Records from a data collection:
──────

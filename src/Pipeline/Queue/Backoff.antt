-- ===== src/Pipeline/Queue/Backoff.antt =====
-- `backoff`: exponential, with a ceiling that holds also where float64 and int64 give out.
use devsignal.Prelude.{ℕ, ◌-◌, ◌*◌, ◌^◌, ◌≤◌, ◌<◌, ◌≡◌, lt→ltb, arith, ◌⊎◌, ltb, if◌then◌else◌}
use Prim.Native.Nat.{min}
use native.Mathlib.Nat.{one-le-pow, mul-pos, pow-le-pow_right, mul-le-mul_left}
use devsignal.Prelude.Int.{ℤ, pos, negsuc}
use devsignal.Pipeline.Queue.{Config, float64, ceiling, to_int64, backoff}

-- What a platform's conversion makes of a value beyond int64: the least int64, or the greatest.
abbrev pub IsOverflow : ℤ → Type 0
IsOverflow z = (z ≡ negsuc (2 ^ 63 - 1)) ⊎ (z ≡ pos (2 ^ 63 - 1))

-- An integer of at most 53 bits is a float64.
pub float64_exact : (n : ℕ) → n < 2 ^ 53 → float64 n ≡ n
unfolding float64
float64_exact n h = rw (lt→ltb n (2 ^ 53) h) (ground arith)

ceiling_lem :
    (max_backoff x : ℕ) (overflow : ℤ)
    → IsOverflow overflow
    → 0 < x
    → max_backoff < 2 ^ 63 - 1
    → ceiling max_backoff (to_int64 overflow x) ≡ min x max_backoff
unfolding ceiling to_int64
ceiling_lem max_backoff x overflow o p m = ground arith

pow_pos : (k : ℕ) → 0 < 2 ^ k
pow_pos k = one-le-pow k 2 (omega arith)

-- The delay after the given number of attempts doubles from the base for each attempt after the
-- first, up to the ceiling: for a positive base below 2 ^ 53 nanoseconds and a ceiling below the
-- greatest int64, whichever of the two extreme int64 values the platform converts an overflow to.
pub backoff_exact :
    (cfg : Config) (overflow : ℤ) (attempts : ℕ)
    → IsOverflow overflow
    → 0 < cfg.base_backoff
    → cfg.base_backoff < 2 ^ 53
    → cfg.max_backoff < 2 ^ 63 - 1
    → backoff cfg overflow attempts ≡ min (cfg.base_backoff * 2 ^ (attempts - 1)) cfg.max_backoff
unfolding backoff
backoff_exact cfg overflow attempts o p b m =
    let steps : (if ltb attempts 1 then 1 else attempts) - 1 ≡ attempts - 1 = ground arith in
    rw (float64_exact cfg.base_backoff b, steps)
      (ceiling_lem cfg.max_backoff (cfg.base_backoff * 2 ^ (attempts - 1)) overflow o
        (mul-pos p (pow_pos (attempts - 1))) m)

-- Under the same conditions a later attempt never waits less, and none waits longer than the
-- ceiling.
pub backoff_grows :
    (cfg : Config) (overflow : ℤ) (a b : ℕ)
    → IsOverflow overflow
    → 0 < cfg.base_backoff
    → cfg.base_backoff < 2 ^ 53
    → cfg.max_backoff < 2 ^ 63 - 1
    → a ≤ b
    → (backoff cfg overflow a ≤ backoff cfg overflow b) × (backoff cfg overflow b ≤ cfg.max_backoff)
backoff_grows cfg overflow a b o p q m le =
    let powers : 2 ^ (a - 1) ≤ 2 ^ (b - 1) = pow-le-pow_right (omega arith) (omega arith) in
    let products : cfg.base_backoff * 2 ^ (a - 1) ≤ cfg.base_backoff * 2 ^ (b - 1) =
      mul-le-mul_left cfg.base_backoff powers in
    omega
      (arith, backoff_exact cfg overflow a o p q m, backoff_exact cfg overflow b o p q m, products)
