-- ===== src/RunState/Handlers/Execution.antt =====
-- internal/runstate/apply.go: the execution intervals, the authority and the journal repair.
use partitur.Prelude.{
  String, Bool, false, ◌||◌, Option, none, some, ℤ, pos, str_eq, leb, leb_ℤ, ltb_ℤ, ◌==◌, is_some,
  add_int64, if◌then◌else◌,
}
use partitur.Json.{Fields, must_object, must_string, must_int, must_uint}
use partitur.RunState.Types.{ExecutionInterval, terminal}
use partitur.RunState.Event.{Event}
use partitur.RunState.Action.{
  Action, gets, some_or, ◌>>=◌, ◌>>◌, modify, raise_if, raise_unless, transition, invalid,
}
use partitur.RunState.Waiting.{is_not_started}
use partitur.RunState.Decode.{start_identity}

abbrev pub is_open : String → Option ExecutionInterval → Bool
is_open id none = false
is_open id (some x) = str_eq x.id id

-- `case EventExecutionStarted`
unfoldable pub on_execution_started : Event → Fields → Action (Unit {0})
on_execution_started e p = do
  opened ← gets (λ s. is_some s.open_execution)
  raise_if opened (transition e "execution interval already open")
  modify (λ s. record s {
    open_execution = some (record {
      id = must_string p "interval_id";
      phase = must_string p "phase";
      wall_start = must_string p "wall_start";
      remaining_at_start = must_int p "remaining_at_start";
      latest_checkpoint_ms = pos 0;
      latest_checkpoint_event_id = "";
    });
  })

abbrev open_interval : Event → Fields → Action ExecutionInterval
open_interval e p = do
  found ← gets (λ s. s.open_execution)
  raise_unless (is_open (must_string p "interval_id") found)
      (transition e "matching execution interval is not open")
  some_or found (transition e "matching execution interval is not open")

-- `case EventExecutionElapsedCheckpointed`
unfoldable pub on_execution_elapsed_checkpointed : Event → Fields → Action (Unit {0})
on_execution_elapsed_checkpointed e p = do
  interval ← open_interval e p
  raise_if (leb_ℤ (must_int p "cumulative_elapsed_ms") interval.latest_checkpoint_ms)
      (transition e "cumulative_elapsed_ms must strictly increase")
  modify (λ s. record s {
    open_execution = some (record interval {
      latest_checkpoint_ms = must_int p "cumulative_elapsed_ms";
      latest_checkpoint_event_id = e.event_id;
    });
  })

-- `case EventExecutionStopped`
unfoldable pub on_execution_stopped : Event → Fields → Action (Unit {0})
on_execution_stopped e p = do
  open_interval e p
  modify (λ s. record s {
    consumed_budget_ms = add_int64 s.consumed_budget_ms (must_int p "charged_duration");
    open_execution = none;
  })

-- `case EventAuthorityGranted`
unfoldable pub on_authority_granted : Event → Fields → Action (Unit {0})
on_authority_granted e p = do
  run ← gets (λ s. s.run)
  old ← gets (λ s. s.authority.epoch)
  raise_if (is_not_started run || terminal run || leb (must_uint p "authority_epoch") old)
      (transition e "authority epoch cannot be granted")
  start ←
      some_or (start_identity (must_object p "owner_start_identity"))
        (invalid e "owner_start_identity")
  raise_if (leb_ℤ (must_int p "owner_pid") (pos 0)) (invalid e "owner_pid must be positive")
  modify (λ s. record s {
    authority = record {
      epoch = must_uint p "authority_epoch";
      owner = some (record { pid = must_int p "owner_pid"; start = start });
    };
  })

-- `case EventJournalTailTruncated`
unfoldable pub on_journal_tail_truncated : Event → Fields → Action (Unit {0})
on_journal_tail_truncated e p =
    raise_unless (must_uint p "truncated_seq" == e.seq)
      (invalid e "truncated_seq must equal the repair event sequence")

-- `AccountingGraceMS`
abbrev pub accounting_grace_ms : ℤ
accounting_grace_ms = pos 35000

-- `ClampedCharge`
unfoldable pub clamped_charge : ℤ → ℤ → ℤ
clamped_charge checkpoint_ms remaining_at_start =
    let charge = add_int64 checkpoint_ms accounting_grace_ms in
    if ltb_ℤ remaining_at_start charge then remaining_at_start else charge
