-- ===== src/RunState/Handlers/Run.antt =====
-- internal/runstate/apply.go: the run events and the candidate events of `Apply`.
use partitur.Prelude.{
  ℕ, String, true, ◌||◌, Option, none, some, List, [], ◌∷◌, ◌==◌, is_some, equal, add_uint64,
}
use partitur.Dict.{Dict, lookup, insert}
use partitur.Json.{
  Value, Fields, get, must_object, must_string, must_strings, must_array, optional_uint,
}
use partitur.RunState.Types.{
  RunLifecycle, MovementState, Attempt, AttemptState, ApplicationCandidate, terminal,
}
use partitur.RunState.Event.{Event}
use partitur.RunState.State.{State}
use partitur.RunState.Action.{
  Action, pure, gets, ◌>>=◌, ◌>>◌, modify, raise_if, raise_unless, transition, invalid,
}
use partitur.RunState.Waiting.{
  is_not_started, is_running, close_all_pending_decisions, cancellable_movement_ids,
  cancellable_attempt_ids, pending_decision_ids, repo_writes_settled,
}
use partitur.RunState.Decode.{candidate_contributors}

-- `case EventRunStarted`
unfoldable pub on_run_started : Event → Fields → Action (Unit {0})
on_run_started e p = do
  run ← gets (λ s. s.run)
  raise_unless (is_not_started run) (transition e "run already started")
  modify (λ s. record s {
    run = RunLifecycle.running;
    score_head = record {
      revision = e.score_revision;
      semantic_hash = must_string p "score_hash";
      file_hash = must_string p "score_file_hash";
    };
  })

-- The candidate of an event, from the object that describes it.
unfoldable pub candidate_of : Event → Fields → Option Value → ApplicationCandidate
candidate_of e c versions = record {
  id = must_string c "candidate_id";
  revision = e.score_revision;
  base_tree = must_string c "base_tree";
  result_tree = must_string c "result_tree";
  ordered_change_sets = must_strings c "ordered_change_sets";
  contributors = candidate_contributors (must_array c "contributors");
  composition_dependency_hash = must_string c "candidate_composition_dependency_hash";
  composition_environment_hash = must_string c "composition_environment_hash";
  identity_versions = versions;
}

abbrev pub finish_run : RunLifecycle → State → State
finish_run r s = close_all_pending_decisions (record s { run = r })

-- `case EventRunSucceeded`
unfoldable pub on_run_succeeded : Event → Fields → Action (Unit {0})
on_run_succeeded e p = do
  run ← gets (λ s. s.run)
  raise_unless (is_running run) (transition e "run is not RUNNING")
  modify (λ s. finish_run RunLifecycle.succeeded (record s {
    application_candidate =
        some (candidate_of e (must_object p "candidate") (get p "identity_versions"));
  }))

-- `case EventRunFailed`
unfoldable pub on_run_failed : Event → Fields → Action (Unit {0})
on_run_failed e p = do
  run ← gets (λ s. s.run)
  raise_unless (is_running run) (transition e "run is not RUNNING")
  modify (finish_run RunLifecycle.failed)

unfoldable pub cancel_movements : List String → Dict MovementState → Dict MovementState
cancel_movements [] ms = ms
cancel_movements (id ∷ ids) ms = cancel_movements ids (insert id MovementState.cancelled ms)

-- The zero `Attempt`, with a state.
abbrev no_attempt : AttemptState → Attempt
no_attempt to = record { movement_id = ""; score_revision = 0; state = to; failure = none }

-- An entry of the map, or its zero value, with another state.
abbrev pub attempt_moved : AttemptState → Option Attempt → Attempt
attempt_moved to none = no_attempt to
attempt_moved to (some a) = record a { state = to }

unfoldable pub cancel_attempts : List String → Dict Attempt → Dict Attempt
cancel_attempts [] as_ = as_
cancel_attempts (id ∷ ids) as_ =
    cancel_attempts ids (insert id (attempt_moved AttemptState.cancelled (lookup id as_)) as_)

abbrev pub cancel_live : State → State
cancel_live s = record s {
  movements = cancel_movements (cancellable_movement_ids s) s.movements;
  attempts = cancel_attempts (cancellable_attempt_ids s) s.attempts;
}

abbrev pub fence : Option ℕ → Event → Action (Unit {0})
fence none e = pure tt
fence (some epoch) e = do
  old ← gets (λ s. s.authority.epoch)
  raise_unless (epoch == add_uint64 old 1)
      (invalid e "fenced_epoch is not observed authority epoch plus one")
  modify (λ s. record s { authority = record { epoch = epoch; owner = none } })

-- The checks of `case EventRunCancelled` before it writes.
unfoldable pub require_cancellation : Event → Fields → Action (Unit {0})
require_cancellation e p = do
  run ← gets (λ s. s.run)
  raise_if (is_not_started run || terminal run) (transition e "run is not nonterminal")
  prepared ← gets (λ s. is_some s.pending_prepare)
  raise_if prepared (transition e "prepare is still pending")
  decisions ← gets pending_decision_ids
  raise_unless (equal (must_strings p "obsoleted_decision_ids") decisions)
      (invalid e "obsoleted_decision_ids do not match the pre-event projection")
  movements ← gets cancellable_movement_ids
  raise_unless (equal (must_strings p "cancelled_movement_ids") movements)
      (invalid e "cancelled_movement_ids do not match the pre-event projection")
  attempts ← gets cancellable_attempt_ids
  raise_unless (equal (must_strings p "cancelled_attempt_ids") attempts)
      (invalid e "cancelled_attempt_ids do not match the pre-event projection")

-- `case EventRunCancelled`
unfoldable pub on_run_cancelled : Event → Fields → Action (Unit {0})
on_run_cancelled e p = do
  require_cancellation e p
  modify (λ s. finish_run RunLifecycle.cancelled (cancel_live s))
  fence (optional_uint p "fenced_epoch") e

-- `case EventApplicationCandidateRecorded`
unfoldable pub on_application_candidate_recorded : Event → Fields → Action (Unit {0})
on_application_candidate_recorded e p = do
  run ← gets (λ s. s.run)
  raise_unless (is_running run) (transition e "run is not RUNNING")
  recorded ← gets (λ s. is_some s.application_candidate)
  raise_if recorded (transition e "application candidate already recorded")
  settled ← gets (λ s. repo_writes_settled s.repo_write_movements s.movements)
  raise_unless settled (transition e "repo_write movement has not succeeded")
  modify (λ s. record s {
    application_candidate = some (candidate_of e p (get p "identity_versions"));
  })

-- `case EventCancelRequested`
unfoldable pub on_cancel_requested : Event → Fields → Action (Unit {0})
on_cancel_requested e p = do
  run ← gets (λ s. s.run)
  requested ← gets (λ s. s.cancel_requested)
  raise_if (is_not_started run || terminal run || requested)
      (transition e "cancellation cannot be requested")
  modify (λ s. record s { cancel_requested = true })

──────

**Work task:**
The lines from the top of the data above down to the line containing "pub float64_exact : (n" are to be copied exactly; no other line should appear.

**Problem solution:**
filename src/Pipeline/Queue/Backoff.antt
-- ===== src/Pipeline/Queue/Backoff.antt =====
-- `backoff`: exponential, with a ceiling that holds also where float64 and int64 give out.
use devsignal.Prelude.{ℕ, ◌-◌, ◌*◌, ◌^◌, ◌≤◌, ◌<◌, ◌≡◌, lt→ltb, arith, ◌⊎◌, ltb, if◌then◌else◌}
use Prim.Native.Nat.{min}
use native.Mathlib.Nat.{one-le-pow, mul-pos, pow-le-pow_right, mul-le-mul_left}
use devsignal.Prelude.Int.{ℤ, pos, negsuc}
use devsignal.Pipeline.Queue.{Config, float64, ceiling, to_int64, backoff}

-- What a platform's conversion makes of a value beyond int64: the least int64, or the greatest.
abbrev pub IsOverflow : ℤ → Type 0
IsOverflow z = (z ≡ negsuc (2 ^ 63 - 1)) ⊎ (z ≡ pos (2 ^ 63 - 1))

-- An integer of at most 53 bits is a float64.
pub float64_exact : (n : ℕ) → n < 2 ^ 53 → float64 n ≡ n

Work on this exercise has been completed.